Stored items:
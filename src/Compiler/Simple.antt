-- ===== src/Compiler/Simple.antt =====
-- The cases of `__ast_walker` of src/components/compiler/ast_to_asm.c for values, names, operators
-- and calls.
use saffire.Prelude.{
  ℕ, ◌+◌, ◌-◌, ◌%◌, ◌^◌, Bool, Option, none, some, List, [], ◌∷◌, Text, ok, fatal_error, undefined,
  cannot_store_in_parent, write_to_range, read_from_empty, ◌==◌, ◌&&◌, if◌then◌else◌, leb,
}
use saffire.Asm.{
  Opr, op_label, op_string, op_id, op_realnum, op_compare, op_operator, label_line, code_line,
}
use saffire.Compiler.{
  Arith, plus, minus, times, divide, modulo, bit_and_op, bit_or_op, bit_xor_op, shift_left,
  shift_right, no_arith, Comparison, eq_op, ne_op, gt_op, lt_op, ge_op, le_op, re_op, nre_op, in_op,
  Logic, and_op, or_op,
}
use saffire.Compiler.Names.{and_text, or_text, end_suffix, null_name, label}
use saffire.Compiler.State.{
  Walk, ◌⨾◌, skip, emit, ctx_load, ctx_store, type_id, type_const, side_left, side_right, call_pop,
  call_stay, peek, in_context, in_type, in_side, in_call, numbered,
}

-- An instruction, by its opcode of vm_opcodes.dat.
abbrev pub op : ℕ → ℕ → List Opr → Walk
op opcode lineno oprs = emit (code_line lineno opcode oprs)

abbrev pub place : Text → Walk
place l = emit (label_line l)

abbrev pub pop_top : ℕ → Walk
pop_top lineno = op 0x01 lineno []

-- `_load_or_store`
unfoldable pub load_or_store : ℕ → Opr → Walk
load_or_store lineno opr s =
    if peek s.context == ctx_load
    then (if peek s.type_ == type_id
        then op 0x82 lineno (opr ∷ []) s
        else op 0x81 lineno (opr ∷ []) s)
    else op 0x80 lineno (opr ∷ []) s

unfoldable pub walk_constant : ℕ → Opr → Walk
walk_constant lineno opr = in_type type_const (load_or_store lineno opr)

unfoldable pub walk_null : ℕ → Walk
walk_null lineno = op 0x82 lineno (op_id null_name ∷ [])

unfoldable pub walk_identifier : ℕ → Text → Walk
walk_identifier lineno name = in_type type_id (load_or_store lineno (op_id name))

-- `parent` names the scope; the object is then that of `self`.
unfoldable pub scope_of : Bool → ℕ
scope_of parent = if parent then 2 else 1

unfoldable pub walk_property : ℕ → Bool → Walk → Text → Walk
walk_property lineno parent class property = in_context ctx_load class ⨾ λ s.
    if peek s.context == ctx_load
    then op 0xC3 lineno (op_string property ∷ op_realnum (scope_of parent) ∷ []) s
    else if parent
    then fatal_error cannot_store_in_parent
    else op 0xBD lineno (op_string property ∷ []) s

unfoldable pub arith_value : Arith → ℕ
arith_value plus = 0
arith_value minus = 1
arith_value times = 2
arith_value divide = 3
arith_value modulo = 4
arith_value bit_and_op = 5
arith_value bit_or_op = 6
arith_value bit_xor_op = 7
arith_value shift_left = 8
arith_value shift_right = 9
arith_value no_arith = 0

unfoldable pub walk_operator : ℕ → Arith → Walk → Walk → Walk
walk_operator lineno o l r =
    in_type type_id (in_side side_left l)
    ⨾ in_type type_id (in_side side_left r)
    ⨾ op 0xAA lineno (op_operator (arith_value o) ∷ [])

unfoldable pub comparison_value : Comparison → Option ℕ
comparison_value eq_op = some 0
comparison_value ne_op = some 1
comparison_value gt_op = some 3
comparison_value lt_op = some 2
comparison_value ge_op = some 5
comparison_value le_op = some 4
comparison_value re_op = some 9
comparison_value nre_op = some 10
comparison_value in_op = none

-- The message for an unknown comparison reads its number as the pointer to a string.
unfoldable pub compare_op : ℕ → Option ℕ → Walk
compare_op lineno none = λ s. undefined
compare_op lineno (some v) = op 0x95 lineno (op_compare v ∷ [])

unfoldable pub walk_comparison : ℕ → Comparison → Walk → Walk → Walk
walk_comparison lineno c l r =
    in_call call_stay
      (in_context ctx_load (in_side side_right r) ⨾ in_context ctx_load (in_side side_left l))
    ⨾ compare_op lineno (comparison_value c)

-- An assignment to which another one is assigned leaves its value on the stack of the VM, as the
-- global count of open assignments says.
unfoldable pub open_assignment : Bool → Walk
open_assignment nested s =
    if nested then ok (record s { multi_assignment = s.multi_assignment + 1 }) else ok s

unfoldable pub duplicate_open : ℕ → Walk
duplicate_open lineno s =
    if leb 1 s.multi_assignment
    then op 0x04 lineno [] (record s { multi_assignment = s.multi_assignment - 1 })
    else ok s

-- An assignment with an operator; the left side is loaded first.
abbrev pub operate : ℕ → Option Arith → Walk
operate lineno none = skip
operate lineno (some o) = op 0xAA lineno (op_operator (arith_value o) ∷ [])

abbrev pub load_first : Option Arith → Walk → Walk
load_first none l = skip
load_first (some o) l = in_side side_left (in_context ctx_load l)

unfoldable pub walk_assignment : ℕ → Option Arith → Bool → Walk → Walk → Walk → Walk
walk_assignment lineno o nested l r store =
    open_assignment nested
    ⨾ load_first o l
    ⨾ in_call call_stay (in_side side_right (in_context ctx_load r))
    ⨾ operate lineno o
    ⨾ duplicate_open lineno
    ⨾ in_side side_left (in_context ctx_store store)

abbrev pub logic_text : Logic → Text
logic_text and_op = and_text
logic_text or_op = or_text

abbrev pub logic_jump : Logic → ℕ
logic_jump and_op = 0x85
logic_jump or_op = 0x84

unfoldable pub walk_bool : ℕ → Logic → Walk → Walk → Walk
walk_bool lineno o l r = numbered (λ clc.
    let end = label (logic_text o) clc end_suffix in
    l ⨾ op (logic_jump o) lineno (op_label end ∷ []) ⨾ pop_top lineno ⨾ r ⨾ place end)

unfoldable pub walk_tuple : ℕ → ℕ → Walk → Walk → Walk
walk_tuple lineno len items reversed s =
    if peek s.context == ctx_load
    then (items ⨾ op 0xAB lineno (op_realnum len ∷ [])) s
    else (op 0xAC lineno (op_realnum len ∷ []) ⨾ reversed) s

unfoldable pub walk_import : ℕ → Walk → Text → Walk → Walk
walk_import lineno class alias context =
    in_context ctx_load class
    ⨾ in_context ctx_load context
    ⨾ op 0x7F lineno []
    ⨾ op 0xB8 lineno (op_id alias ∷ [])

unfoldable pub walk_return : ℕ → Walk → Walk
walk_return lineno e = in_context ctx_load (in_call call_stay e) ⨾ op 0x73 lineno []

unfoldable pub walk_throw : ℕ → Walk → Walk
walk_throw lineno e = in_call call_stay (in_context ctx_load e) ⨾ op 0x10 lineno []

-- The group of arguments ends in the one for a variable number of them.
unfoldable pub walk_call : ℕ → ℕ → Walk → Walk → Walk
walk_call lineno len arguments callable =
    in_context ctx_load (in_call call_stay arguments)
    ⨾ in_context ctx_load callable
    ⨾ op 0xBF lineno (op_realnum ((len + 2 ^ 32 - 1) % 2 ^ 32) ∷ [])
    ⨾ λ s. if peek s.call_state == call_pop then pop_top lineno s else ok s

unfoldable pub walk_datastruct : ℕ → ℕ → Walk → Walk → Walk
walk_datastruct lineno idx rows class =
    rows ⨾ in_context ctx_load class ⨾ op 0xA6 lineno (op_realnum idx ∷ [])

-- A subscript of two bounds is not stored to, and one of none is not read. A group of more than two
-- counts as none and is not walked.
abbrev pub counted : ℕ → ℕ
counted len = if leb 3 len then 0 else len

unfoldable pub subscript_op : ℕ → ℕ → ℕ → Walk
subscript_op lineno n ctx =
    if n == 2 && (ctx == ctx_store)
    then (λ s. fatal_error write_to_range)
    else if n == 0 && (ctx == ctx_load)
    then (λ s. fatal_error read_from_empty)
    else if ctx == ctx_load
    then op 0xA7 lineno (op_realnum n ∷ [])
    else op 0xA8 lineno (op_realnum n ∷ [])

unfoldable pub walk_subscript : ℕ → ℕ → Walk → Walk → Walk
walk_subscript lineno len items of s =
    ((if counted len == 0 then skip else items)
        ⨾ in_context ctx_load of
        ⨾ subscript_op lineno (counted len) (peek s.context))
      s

Task directions:
Gather up every line in the data above that contains the word "alias", copying each one.

Finished task:
walk_import lineno class alias context =
    ⨾ op 0xB8 lineno (op_id alias ∷ [])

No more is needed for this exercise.